▸ ASSIGNMENT: Please quote only the lines that start at the one with "run-ends j [] l l' c e = ground arith" and go on to the last line of the data, both ends kept.

-- INPUT RECORDS follows --

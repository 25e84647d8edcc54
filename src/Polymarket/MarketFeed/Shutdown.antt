-- ===== src/Polymarket/MarketFeed/Shutdown.antt =====
-- polymarket/core/market_feed.go: the delays of `connectLoop`, and its end after the context is
-- cancelled.
use calculated_tennis.Base.{
  ℕ, zero, suc, ◌+◌, ◌*◌, ◌^◌, ◌≤◌, min, ◌≡◌, refl, ◌∙◌, true, false, some, List, [], ◌∷◌, Text,
  arith, length, Option-cases, inl, inr,
}
use calculated_tennis.Polymarket.MarketFeed.{Decoder, broadcast_error}
use calculated_tennis.Polymarket.MarketFeed.Loop.{
  Phase, looking, dialling, ended, sleeping, finished, dialled, opened, checking, reading, closing,
  collected, Loop, Turn, proceed, timer, dial_fails, advance, dial_failed, dial_succeeded,
  resubscribe, read_message, give_up, next_delay, Action, own, run, step,
}

-- The turns of `n` rounds of the loop whose dial fails.
abbrev pub failed_rounds : Text → ℕ → List Action
failed_rounds reason zero = []
failed_rounds reason (suc n) =
    own proceed ∷ own (dial_fails reason) ∷ own timer ∷ failed_rounds reason n

-- What is left of the loop once the context is cancelled.
abbrev pub rank : Phase → ℕ
rank looking = 1
rank dialling = 1
rank (dialled c) = 7
rank (opened c) = 6
rank (collected c ids) = 5
rank (checking c) = 4
rank (reading c) = 5
rank (closing c) = 3
rank ended = 2
rank sleeping = 2
rank finished = 0

abbrev pub owns : List Turn → List Action
owns [] = []
owns (t ∷ ts) = own t ∷ owns ts

le_mul : (a e : ℕ) → 1 ≤ e → a ≤ a * e
le_mul a zero h = absurd (omega arith)
le_mul a (suc e) h = omega arith

one_le_pow : (n : ℕ) → 1 ≤ 2 ^ n
one_le_pow zero = omega arith
one_le_pow (suc n) = omega (arith, one_le_pow n)

double_assoc : (d e : ℕ) → d * 2 * e ≡ d * (2 * e)
double_assoc d zero = omega arith
double_assoc d (suc e) = omega (arith, double_assoc d e)

double_min : (d max n : ℕ) → min (min (d * 2) max * 2 ^ n) max ≡ min (d * 2 ^ suc n) max
double_min d max n =
    let pos = one_le_pow n in
    let a = le_mul (d * 2) (2 ^ n) pos in
    let b = le_mul max (2 ^ n) pos in
    let c = double_assoc d (2 ^ n) in
    let p : 2 ^ suc n ≡ 2 * 2 ^ n = omega arith in rw p (ground (arith, a, b, c))

module _ {D T : Type 0} where
  run-nil : (j : Decoder D) (l : Loop D T) → run j [] l ≡ some l
  unfolding run
  run-nil j l = refl

  failed_round :
      (j : Decoder D) (reason : Text) (acts : List Action) (l : Loop D T)
      → l.phase ≡ looking
      → l.cancelled ≡ false
      → run j (own proceed ∷ own (dial_fails reason) ∷ own timer ∷ acts) l
        ≡ run j acts (record {
          world = broadcast_error reason l.world;
          delay = next_delay l.world.feed.reconnect_max l.delay;
          phase = looking;
          cancelled = l.cancelled;
        })
  unfolding run step advance dial_failed broadcast_error
  failed_round j reason acts l p live = rw (p, live)

  -- From the top of the loop, n + 1 failed dials in a row, with the context live, lead to the top
  -- again, with the delay doubled each time up to the bound, and the rest of the feed as it was.
  pub failed_rounds-delay :
      (j : Decoder D) (reason : Text) (n : ℕ) (l : Loop D T)
      → l.phase ≡ looking
      → l.cancelled ≡ false
      → (l' : Loop D T) × (run j (failed_rounds reason (suc n)) l ≡ some l')
        × (l'.phase ≡ looking)
        × (l'.cancelled ≡ false)
        × (l'.world.feed ≡ l.world.feed)
        × (l'.delay ≡ min (l.delay * 2 ^ suc n) l.world.feed.reconnect_max)
  unfolding broadcast_error
  failed_rounds-delay j reason zero l p live =
      let once : min (l.delay * 2) l.world.feed.reconnect_max
          ≡ min (l.delay * 2 ^ 1) l.world.feed.reconnect_max =
        omega arith in
      (_, failed_round j reason [] l p live ∙ run-nil j _, refl, live, refl, once)
  failed_rounds-delay j reason (suc n) l p live =
      let l1 : Loop D T = record {
        world = broadcast_error reason l.world;
        delay = next_delay l.world.feed.reconnect_max l.delay;
        phase = looking;
        cancelled = l.cancelled;
      } in
      let (l', e, q, c, f, d) = failed_rounds-delay j reason n l1 refl live in
      (
        l',
        failed_round j reason (failed_rounds reason (suc n)) l p live ∙ e,
        q,
        c,
        f,
        d ∙ double_min l.delay l.world.feed.reconnect_max (suc n),
      )

  -- Once the context is cancelled each step brings the loop nearer to its return.
  pub advance-rank :
      (j : Decoder D) (p : Phase) (turn : Turn) (l l' : Loop D T)
      → l.cancelled ≡ true
      → advance j p turn l ≡ some l'
      → (l'.cancelled ≡ true) × (suc (rank l'.phase) ≤ rank p)
  unfolding advance dial_failed dial_succeeded resubscribe read_message give_up broadcast_error
  advance-rank j p turn l l' c e = ground arith

  -- Once the context is cancelled, the steps that the loop takes and the rank of the phase that
  -- they lead to are together at most the rank of its phase, whatever the dial and the connection
  -- give.
  pub run-ends :
      (j : Decoder D) (turns : List Turn) (l l' : Loop D T)
      → l.cancelled ≡ true
      → run j (owns turns) l ≡ some l'
      → length turns + rank l'.phase ≤ rank l.phase
  unfolding run step
  run-ends j [] l l' c e = ground arith
  run-ends j (t ∷ ts) l l' c e = elim (Option-cases (advance j l.phase t l)) [
    | inl stuck ↦ ground arith
    | inr (l1, first) ↦
        let (c1, less) = advance-rank j l.phase t l l1 c first in
        let rest = run-ends j ts l1 l' c1 (ground arith) in omega (arith, less, rest)
  ]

-- INPUT RECORDS concluded --

▸ ANSWER BOX:
  run-ends j [] l l' c e = ground arith
  run-ends j (t ∷ ts) l l' c e = elim (Option-cases (advance j l.phase t l)) [
    | inl stuck ↦ ground arith
    | inr (l1, first) ↦
        let (c1, less) = advance-rank j l.phase t l l1 c first in
        let rest = run-ends j ts l1 l' c1 (ground arith) in omega (arith, less, rest)
  ]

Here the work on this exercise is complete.